DESCRIPTION OF THE TASK → Keeping every word intact, reproduce all of the records.

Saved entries
============================================================

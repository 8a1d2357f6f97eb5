-- ===== src/Host/Backup.antt =====
-- Saving the state of a machine between tests and putting it back (`rsync_backup` and `rsync_restore`
-- of framework/test_hosts.py), and `reboot_if_required` of framework/util.py.
pub mod Laws
use cloudify_system_tests.Prelude.{String, Bool, true, false, List, [], ◌∷◌, if◌then◌else◌}
use cloudify_system_tests.Text.{concat, join}
use cloudify_system_tests.Act.{Act, Done, pass, ◌>>=◌, ◌>>◌}
use cloudify_system_tests.Act.Retry.{Retrying}
use cloudify_system_tests.Host.{
  Vm, Command, Machine, Host, plain, sudo, effect, run_command, set_vm, get_vm,
}
use cloudify_system_tests.Host.Services.{stop_manager_services, clean_local_rest_ca}
use cloudify_system_tests.Host.Bootstrap.{wait_for_ssh}

-- the constant of this name
abbrev rsync_locations : List String
rsync_locations = "/etc" ∷ "/opt" ∷ "/var" ∷ "/usr" ∷ []

unfoldable backup_commands : String
unfolding join
backup_commands = concat (
    "sudo rsync -aAHX "
    ∷ join " " rsync_locations
    ∷ " /cfy_backup > /tmp/rsync_backup.log 2>&1 "
    ∷ "; res=$? ; [[ $res -eq 24 ]] && res=0 "
    ∷ "; [[ $res -eq 0 ]] && touch /tmp/rsync_backup_complete"
    ∷ [])

abbrev pub run_restore : Command
run_restore = plain "nohup bash /tmp/rsync_restore_script &>/dev/null &"

abbrev pub restore_script : String
restore_script =
    "(sudo rsync -aAHX /cfy_backup/* / --delete > /tmp/rsync_restore.log 2>&1 && touch /tmp/rsync_restore_complete) || touch /tmp/rsync_restore_failed &"

-- `copy.deepcopy`: what is written to the one later does not reach the other
abbrev pub reset_config : Vm → Vm
reset_config v = record v { install_config = v.basic_install_config }

module _ {W : Type 0} (m : Machine W) where
  unfoldable rsync_backup : Retrying (Host W) → Act (Host W) Done
  rsync_backup r = do
    wait_for_ssh m r
    run_command m (sudo "mkdir /cfy_backup")
    run_command m (sudo "chmod o+r /cfy_backup")
    effect (λ v.
        m.put v "/tmp/rsync_backup_script"
          (concat ("(" ∷ backup_commands ∷ ") || touch /tmp/rsync_backup_failed &" ∷ [])))
    run_command m (plain "nohup bash /tmp/rsync_backup_script &>/dev/null &")
    pass

  -- what is done to a manager before its files are put back
  unfoldable pub clean_manager : Act (Host W) Done
  clean_manager = do
    stop_manager_services m
    run_command m (plain "rm -rf ~/.cloudify*")
    run_command m (plain "sudo rm -rf /root/.cloudify")
    clean_local_rest_ca m

  unfoldable pub start_restore : Act (Host W) Done
  start_restore = do
    effect (λ v. m.put v "/tmp/rsync_restore_script" restore_script)
    run_command m run_restore
    pass

  unfoldable pub rsync_restore : Act (Host W) Done
  rsync_restore = do
    vm ← get_vm
    if vm.is_manager then set_vm reset_config else pass
    if vm.is_manager then clean_manager else pass
    start_restore

  -- the loops of `reboot_if_required`, for one machine each
  unfoldable request_reboot : Retrying (Host W) → Act (Host W) Done
  request_reboot r = do
    vm ← get_vm
    if vm.reboot_required
        then (do
          wait_for_ssh m r
          run_command m (record { text = "rm -rf /tmp/*"; use_sudo = true; warn_only = true })
          run_command m (record {
            text = "sudo systemctl stop sshd && sudo shutdown -r now";
            use_sudo = false;
            warn_only = true;
          })
          pass)
        else pass

  unfoldable await_reboot : Retrying (Host W) → Act (Host W) Done
  await_reboot r = do vm ← get_vm; if vm.reboot_required then wait_for_ssh m r else pass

============================================================

ANSWER →
repository 8a1d2357f6f97eb5
-- ===== src/Host/Backup.antt =====
-- Saving the state of a machine between tests and putting it back (`rsync_backup` and `rsync_restore`
-- of framework/test_hosts.py), and `reboot_if_required` of framework/util.py.
pub mod Laws
use cloudify_system_tests.Prelude.{String, Bool, true, false, List, [], ◌∷◌, if◌then◌else◌}
use cloudify_system_tests.Text.{concat, join}
use cloudify_system_tests.Act.{Act, Done, pass, ◌>>=◌, ◌>>◌}
use cloudify_system_tests.Act.Retry.{Retrying}
use cloudify_system_tests.Host.{
  Vm, Command, Machine, Host, plain, sudo, effect, run_command, set_vm, get_vm,
}
use cloudify_system_tests.Host.Services.{stop_manager_services, clean_local_rest_ca}
use cloudify_system_tests.Host.Bootstrap.{wait_for_ssh}

-- the constant of this name
abbrev rsync_locations : List String
rsync_locations = "/etc" ∷ "/opt" ∷ "/var" ∷ "/usr" ∷ []

unfoldable backup_commands : String
unfolding join
backup_commands = concat (
    "sudo rsync -aAHX "
    ∷ join " " rsync_locations
    ∷ " /cfy_backup > /tmp/rsync_backup.log 2>&1 "
    ∷ "; res=$? ; [[ $res -eq 24 ]] && res=0 "
    ∷ "; [[ $res -eq 0 ]] && touch /tmp/rsync_backup_complete"
    ∷ [])

abbrev pub run_restore : Command
run_restore = plain "nohup bash /tmp/rsync_restore_script &>/dev/null &"

abbrev pub restore_script : String
restore_script =
    "(sudo rsync -aAHX /cfy_backup/* / --delete > /tmp/rsync_restore.log 2>&1 && touch /tmp/rsync_restore_complete) || touch /tmp/rsync_restore_failed &"

-- `copy.deepcopy`: what is written to the one later does not reach the other
abbrev pub reset_config : Vm → Vm
reset_config v = record v { install_config = v.basic_install_config }

module _ {W : Type 0} (m : Machine W) where
  unfoldable rsync_backup : Retrying (Host W) → Act (Host W) Done
  rsync_backup r = do
    wait_for_ssh m r
    run_command m (sudo "mkdir /cfy_backup")
    run_command m (sudo "chmod o+r /cfy_backup")
    effect (λ v.
        m.put v "/tmp/rsync_backup_script"
          (concat ("(" ∷ backup_commands ∷ ") || touch /tmp/rsync_backup_failed &" ∷ [])))
    run_command m (plain "nohup bash /tmp/rsync_backup_script &>/dev/null &")
    pass

  -- what is done to a manager before its files are put back
  unfoldable pub clean_manager : Act (Host W) Done
  clean_manager = do
    stop_manager_services m
    run_command m (plain "rm -rf ~/.cloudify*")
    run_command m (plain "sudo rm -rf /root/.cloudify")
    clean_local_rest_ca m

  unfoldable pub start_restore : Act (Host W) Done
  start_restore = do
    effect (λ v. m.put v "/tmp/rsync_restore_script" restore_script)
    run_command m run_restore
    pass

  unfoldable pub rsync_restore : Act (Host W) Done
  rsync_restore = do
    vm ← get_vm
    if vm.is_manager then set_vm reset_config else pass
    if vm.is_manager then clean_manager else pass
    start_restore

  -- the loops of `reboot_if_required`, for one machine each
  unfoldable request_reboot : Retrying (Host W) → Act (Host W) Done
  request_reboot r = do
    vm ← get_vm
    if vm.reboot_required
        then (do
          wait_for_ssh m r
          run_command m (record { text = "rm -rf /tmp/*"; use_sudo = true; warn_only = true })
          run_command m (record {
            text = "sudo systemctl stop sshd && sudo shutdown -r now";
            use_sudo = false;
            warn_only = true;
          })
          pass)
        else pass

  unfoldable await_reboot : Retrying (Host W) → Act (Host W) Done
  await_reboot r = do vm ← get_vm; if vm.reboot_required then wait_for_ssh m r else pass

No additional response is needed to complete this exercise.